Am 26. April 1986 veränderte sich die betroffene Region in der heutigen Ukraine für immer. Große Teile wurden unbewohnbar, zurück blieb eine Sperrzone, die bis heute von einem riesigen Sarkophag über dem zerstörten Reaktor und verlassenen Gebäuden geprägt ist.
Reise in eine verlassene Welt
Trotz – oder vielleicht gerade wegen – ihrer Geschichte übt die Region bis heute eine besondere Faszination aus. Auch der Fotograf Robert Mück aus Selb zog es dorthin. Seit vielen Jahren mit der Kamera unterwegs, reiste er 2014 zunächst nach Kiew und von dort weiter in das Sperrgebiet, das er zuvor nur aus Fernsehbildern kannte.

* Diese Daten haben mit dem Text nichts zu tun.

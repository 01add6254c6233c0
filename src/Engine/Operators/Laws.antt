-- ===== src/Engine/Operators/Laws.antt =====
-- What the operators mean: negated pairs, lists of countries, bounds.
use complif_techinical_chall.Base.{
  ◌≡◌, refl, Bool, true, false, not, ◌&&◌, ◌||◌, String, any, arith, map, is_empty, to_upper_case,
  codes_eq, codes_eq_symm, codes_eq-upper_nil, ap₂, sym, ◌∙◌, if-eq, if◌then◌else◌,
}
use complif_techinical_chall.Common.Value.{
  Value, str, arr, obj, Items, nil, cons, Fields, items, get_value,
}
use complif_techinical_chall.Engine.Operators.Aggregation.{
  sum_greater_than_or_equal, min_less_than_or_equal, amount_between, between-bounds,
}
use complif_techinical_chall.Engine.Operators.Membership.{contains_value, not_contains_value}
use complif_techinical_chall.Engine.Operators.Geolocation.{
  in_country, not_in_country, is_high_risk_country, upper_or_empty,
}

-- `notInCountry` is the negation of `inCountry`, whatever the fact's value and the rule's are.
pub not_in_country-not : (fact v : Value) → not_in_country fact v ≡ not (in_country fact v)
unfolding in_country not_in_country
not_in_country-not (str s) (arr vs) = ground arith
not_in_country-not (str s) v = ground arith
not_in_country-not _ v = refl

-- `notContainsValue` is the negation of `containsValue`, also where the fact is no array.
pub not_contains_value-not :
    (fact v : Value) → not_contains_value fact v ≡ not (contains_value fact v)
unfolding contains_value not_contains_value
not_contains_value-not (arr vs) v = refl
not_contains_value-not _ v = refl

-- `amountBetween` against an object is `>=` its `min` together with `<=` its `max`, and it is
-- false where any of the three is no number.
pub amount_between-bounds :
    (fact : Value) (o : Fields)
    → amount_between fact (obj o) ≡ (
        sum_greater_than_or_equal fact (get_value "min" o)
        && min_less_than_or_equal fact (get_value "max" o))
unfolding amount_between
amount_between-bounds fact o = between-bounds fact (get_value "min" o) (get_value "max" o) o

-- A member of a list that is no text.
pub is_text : Value → Bool
is_text (str s) = true
is_text _ = false

member-in_country :
    (s : String) (v : Value)
    → is_empty s ≡ false
    → codes_eq (upper_or_empty v) (to_upper_case s) ≡ (is_text v && in_country (str s) v)
unfolding in_country is_text
member-in_country s (str t) h = rw h (codes_eq_symm (to_upper_case t) (to_upper_case s))
member-in_country s v h = codes_eq-upper_nil s h

any-in_country :
    (s : String) (vs : Items)
    → is_empty s ≡ false
    → any (λ c. codes_eq c (to_upper_case s)) (map upper_or_empty (items vs))
      ≡ any (λ v. is_text v && in_country (str s) v) (items vs)
any-in_country s nil h = refl
any-in_country s (cons v vs) h = ap₂ ◌||◌ (member-in_country s v h) (any-in_country s vs h)

in_country-if :
    (s : String) (vs : Items)
    → in_country (str s) (arr vs) ≡ (
        if is_empty s
        then false
        else any (λ c. codes_eq c (to_upper_case s)) (map upper_or_empty (items vs)))
unfolding in_country
in_country-if s vs = refl

any-in_country_empty :
    (s : String) (vs : Items)
    → is_empty s ≡ true
    → any (λ v. is_text v && in_country (str s) v) (items vs) ≡ false
unfolding in_country is_text
any-in_country_empty s nil h = refl
any-in_country_empty s (cons (str t) vs) h = rw h (any-in_country_empty s vs h)
any-in_country_empty s (cons v vs) h = any-in_country_empty s vs h

-- A fact that is a text is in a list of countries exactly when it is in one of the list's texts;
-- members that are no text never match, and an empty fact is in no list.
pub in_country-arr :
    (s : String) (vs : Items)
    → in_country (str s) (arr vs) ≡ any (λ v. is_text v && in_country (str s) v) (items vs)
in_country-arr s vs =
    in_country-if s vs
    ∙ if-eq (is_empty s) (λ h. sym (any-in_country_empty s vs h)) (any-in_country s vs)

-- `isHighRiskCountry` is `inCountry` restricted to lists.
pub is_high_risk_country-arr :
    (fact : Value) (vs : Items) → is_high_risk_country fact (arr vs) ≡ in_country fact (arr vs)
unfolding in_country is_high_risk_country
is_high_risk_country-arr (str s) vs = refl
is_high_risk_country-arr _ vs = refl
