-- ===== src/Engine/Operators/Registration.antt =====
-- Which operators an engine has once they are registered.
use complif_techinical_chall.Base.{◌≡◌, sym, ap, ◌∙◌, List, [], ◌∷◌, ◌++◌}
use mathlib.Core.List.{append-nil, append_assoc}
use complif_techinical_chall.Engine.Operators.{
  Operator, add_operators, register_all_operators, aggregation_operators, list_operators,
  geolocation_operators, all_operators,
}

add_operators-eq : (os engine : List Operator) → add_operators os engine ≡ engine ++ os
unfolding add_operators
add_operators-eq [] engine = sym (append-nil engine)
add_operators-eq (o ∷ os) engine =
    add_operators-eq os (engine ++ o ∷ []) ∙ append_assoc engine (o ∷ []) os

-- Registering the operators adds those of `allOperators` to an engine, each once and in that order,
-- behind the operators that it has.
pub register_all_operators-eq :
    (engine : List Operator) → register_all_operators engine ≡ engine ++ all_operators
unfolding register_all_operators
register_all_operators-eq engine =
    add_operators-eq geolocation_operators
      (add_operators list_operators (add_operators aggregation_operators engine))
    ∙ ap (λ l. l ++ geolocation_operators)
        (add_operators-eq list_operators (add_operators aggregation_operators engine)
          ∙ ap (λ l. l ++ list_operators) (add_operators-eq aggregation_operators engine))
    ∙ append_assoc (engine ++ aggregation_operators) list_operators geolocation_operators
    ∙ append_assoc engine aggregation_operators (list_operators ++ geolocation_operators)
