-- ===== src/Engine/RuleCache/Lifecycle.antt =====
-- RuleCacheService as its module starts and stops: onModuleInit, onModuleDestroy and isReady
-- (src/engine/rule-cache.service.ts). The two connections are ioredis, a parameter.
use complif_techinical_chall.Base.{ℕ, String, ◌≡◌, Bool, true, false, none, [], ◌∷◌, ◌++◌, arith}
use complif_techinical_chall.Common.Exec.{
  Error, Result, ok, err, Exec, result_of, state_of, pure, catch, ◌>>◌,
}
use complif_techinical_chall.World.{World, cache_miss}
use complif_techinical_chall.Engine.RuleCache.{RedisClient, CachedRules, get, set, invalidate}

-- the calls of `this.client` and `this.subscriber`
pub record Connections (Redis : Type 0) : Type 0 where
  pub connect_client : Redis → Result (Unit {0}) × Redis
  pub connect_subscriber : Redis → Result (Unit {0}) × Redis
  pub subscribe : String → Redis → Result (Unit {0}) × Redis
  pub on_message : Redis → Redis
  pub unsubscribe : String → Redis → Result (Unit {0}) × Redis
  pub quit_subscriber : Redis → Result (Unit {0}) × Redis
  pub quit_client : Redis → Result (Unit {0}) × Redis

abbrev both : Result (Unit {0}) → Result (Unit {0}) → Result (Unit {0})
both (ok _) r = r
both (err e) r = err e

-- what `onModuleInit` waits for, in its order
abbrev pub connected : {Redis : Type 0} → Connections Redis → Redis → Result (Unit {0})
connected connections r =
    let first = connections.connect_client r in
    let second = connections.connect_subscriber first.1 in
    both first.0 (both second.0 (connections.subscribe "rules:invalidation" second.1).0)

abbrev pub succeeds : Result (Unit {0}) → Bool
succeeds (ok _) = true
succeeds (err e) = false

abbrev pub is_ready : {Db Redis : Type 0} → World Db Redis → Bool
is_ready s = s.is_connected

module _ {Db Redis : Type 0} (connections : Connections Redis) where
  abbrev call : (Redis → Result (Unit {0}) × Redis) → Exec (World Db Redis) (Unit {0})
  call q s = ((q s.redis).0, record s { redis = (q s.redis).1 })

  -- Promise.all: both connections are tried, whatever becomes of the first
  abbrev connect_all : Exec (World Db Redis) (Unit {0})
  connect_all s =
      let first = connections.connect_client s.redis in
      let second = connections.connect_subscriber first.1 in
      (both first.0 second.0, record s { redis = second.1 })

  abbrev set_connected : Bool → Exec (World Db Redis) (Unit {0})
  set_connected b s = (ok tt, record s { is_connected = b })

  unfoldable pub on_module_init : Exec (World Db Redis) (Unit {0})
  on_module_init =
      catch
        (do
          connect_all
          set_connected true
          call (connections.subscribe "rules:invalidation")
          λ s. (ok tt, record s { redis = connections.on_message s.redis }))
        (λ error. set_connected false)

  -- both clients are set by the constructor
  unfoldable pub on_module_destroy : Exec (World Db Redis) (Unit {0})
  on_module_destroy =
      catch
        (do
          call (connections.unsubscribe "rules:invalidation")
          call connections.quit_subscriber
          call connections.quit_client)
        (λ error. pure tt)

  -- The start of the cache never throws and touches neither the database nor the trace; the cache
  -- is ready exactly where both clients connect and the subscription succeeds. Its stop never
  -- throws either, whatever fails in it, and leaves the cache as ready as it was.
  pub on_module_init-on_module_destroy :
      (w : World Db Redis)
      → (result_of on_module_init w ≡ ok tt)
        × (is_ready (state_of on_module_init w) ≡ succeeds (connected connections w.redis))
        × ((state_of on_module_init w).db ≡ w.db)
        × ((state_of on_module_init w).trace ≡ w.trace)
        × (result_of on_module_destroy w ≡ ok tt)
        × (is_ready (state_of on_module_destroy w) ≡ is_ready w)
  unfolding on_module_init on_module_destroy
  on_module_init-on_module_destroy w = ground arith

  module _ (client : RedisClient Redis) where
    -- Where the start of the cache fails, the service goes on without it: a read counts a miss and
    -- returns nothing, and no operation of the cache touches Redis or throws.
    pub on_module_init-Disabled :
        (w : World Db Redis) (e : Error) (ttl_seconds : ℕ) (organization_id : String)
        (rules : CachedRules)
        → connected connections w.redis ≡ err e
        → (get client organization_id (state_of on_module_init w)
            ≡ (ok none, record (state_of on_module_init w) { trace = w.trace ++ cache_miss ∷ [] }))
          × (set client ttl_seconds organization_id rules (state_of on_module_init w)
              ≡ (ok tt, state_of on_module_init w))
          × (invalidate client organization_id (state_of on_module_init w)
              ≡ (ok tt, state_of on_module_init w))
    unfolding on_module_init get set invalidate
    on_module_init-Disabled w e ttl_seconds organization_id rules h = ground arith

Sein Besuch war geprägt von Respekt und Vorsicht. Sensationslust spielte für ihn keine Rolle. Stattdessen wollte er dokumentieren, festhalten und verstehen. Ausgerüstet mit Jodtabletten und einem Dosimeter bewegte er sich durch die Zone – stets im Bewusstsein, dass auch Jahrzehnte nach dem Unglück noch Strahlung von vielen Orten ausgeht.
Zwischen Risiko und Erinnerung
Überrascht zeigte sich Mück von den teils niedrigen Strahlenwerten in bestimmten Bereichen – teilweise sogar geringer als in Oberfranken, wo natürliche Radonvorkommen eine Rolle spielen. Zwei Tage verbrachte er in der Sperrzone, geprägt von intensiven und bleibenden Eindrücken.
Gleichzeitig mahnt er zur Vorsicht für Besucher. Die Region sei kein Ort für unüberlegte Abenteuer. Vielmehr stehe für ihn die Erinnerung an die Menschen im Vordergrund, die damals unter schwierigsten Bedingungen Schlimmeres verhindert haben – oft unter Einsatz ihres eigenen Lebens.
Auch vier Jahrzehnte nach der Katastrophe bleiben die Bilder aus der Region rund um Prypjat und Tschernobyl ein eindringliches Mahnmal. Sie erinnern daran, welche Risiken mit der Nutzung von Kernenergie verbunden sind – und daran, wie tiefgreifend ein einzelnes Ereignis die Welt verändern kann.